Repeat exactly the lines of the entries below from the one with "readable_date_lost : get" through the one with "readable_date_lost = refl", both ends included, and nothing else.

══ Supplied information

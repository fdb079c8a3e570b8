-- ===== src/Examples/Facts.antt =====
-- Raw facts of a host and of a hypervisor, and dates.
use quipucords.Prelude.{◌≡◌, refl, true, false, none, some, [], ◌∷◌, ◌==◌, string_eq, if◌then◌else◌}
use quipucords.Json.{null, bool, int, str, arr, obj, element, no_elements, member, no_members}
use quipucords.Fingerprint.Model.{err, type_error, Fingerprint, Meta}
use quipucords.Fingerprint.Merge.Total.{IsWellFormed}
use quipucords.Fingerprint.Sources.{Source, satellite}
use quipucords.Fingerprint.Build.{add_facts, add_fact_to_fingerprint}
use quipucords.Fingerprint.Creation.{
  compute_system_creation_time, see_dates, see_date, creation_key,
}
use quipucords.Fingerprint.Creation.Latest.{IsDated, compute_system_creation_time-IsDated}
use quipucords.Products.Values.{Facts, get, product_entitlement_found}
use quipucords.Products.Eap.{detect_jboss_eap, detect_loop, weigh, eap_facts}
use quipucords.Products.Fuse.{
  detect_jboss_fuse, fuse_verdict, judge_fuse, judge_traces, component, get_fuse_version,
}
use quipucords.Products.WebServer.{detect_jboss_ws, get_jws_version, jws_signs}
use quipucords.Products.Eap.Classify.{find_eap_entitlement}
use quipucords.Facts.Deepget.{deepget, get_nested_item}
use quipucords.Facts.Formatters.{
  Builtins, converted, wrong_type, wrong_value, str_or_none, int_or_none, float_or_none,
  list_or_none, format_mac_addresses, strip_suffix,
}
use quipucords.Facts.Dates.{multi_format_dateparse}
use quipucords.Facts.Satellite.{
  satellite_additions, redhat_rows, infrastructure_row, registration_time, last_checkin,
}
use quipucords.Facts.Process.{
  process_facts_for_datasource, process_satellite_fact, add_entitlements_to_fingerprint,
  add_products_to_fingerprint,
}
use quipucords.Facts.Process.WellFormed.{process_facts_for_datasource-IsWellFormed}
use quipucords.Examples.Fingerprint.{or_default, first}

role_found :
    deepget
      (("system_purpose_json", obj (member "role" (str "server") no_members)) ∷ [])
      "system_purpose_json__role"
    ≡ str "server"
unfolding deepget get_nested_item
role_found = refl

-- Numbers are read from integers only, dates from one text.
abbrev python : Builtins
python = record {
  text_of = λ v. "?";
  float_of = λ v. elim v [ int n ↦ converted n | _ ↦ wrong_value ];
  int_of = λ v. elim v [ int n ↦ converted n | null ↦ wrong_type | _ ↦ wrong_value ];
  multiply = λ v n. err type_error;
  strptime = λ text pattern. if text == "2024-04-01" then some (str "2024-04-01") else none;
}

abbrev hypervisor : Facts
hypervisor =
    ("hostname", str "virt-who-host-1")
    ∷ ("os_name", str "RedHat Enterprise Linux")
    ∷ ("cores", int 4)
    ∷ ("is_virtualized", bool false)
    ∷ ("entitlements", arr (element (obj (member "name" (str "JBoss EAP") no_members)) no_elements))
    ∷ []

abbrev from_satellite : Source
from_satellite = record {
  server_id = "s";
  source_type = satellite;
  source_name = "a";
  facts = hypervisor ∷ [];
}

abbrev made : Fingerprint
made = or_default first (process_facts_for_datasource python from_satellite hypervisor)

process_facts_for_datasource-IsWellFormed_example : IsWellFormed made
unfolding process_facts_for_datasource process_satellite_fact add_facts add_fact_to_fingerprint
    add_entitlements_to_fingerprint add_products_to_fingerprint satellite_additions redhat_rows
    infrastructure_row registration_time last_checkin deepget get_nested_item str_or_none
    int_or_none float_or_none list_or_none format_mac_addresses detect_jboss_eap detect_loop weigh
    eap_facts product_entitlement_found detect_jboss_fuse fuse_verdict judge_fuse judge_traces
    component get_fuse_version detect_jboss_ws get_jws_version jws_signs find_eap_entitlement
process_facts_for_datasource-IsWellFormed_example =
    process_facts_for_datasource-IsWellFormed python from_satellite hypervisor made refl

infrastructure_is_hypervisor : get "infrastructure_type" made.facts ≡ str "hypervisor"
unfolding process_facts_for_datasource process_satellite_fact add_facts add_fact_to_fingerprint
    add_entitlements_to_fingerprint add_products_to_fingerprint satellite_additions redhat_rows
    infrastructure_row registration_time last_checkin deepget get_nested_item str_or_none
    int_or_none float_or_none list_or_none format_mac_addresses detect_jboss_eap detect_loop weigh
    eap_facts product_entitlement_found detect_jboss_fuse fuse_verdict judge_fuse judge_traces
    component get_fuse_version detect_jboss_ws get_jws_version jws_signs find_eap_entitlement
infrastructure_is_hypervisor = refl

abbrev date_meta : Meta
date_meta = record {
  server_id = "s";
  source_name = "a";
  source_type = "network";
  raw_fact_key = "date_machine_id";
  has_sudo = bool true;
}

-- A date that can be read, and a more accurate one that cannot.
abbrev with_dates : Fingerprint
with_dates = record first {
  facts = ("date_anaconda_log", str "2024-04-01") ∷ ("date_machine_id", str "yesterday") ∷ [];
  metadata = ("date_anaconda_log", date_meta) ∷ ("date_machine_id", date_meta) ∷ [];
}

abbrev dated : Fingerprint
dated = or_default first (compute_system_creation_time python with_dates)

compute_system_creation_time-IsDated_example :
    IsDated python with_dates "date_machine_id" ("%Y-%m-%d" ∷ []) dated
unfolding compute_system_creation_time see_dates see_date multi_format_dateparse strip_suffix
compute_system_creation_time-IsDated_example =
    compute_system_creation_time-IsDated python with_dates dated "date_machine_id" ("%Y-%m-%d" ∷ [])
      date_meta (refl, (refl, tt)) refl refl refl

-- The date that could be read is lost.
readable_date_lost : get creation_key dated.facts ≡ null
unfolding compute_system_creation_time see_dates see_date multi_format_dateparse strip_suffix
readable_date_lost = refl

════
══ Supplied information

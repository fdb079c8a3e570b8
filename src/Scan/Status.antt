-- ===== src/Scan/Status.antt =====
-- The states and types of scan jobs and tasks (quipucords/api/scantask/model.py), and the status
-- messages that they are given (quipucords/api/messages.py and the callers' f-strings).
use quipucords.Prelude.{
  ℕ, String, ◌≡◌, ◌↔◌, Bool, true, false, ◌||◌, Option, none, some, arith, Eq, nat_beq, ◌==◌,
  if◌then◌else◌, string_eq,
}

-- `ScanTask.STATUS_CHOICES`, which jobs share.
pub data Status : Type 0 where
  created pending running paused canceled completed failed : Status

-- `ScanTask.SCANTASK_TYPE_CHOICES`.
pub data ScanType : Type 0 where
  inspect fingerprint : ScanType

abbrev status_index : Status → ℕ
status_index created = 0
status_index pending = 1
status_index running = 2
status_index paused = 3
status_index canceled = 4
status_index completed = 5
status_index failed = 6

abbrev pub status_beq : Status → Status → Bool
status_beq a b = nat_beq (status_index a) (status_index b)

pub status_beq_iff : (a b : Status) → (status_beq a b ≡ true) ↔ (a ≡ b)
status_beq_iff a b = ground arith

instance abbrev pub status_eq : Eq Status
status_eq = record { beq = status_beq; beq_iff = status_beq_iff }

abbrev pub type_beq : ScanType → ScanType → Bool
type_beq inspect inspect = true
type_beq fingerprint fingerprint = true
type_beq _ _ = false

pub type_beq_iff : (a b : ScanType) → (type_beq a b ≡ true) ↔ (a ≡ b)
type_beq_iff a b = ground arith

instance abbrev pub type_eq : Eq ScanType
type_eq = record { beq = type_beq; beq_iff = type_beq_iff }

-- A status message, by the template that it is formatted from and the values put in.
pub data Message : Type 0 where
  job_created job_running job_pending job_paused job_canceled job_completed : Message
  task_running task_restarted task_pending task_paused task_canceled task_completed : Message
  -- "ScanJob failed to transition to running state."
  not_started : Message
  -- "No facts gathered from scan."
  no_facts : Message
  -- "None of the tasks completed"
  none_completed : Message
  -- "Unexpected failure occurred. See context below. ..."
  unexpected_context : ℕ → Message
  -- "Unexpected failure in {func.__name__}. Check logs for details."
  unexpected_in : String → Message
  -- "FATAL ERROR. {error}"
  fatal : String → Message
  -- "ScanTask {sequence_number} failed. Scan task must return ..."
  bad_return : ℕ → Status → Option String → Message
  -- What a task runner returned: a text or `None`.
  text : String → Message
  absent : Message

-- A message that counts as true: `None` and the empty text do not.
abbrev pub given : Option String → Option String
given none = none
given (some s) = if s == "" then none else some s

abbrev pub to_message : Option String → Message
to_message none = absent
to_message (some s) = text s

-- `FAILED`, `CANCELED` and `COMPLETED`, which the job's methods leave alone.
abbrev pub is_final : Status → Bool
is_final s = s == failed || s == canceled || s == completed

════

**Solution to this exercise:**
readable_date_lost : get creation_key dated.facts ≡ null
unfolding compute_system_creation_time see_dates see_date multi_format_dateparse strip_suffix
readable_date_lost = refl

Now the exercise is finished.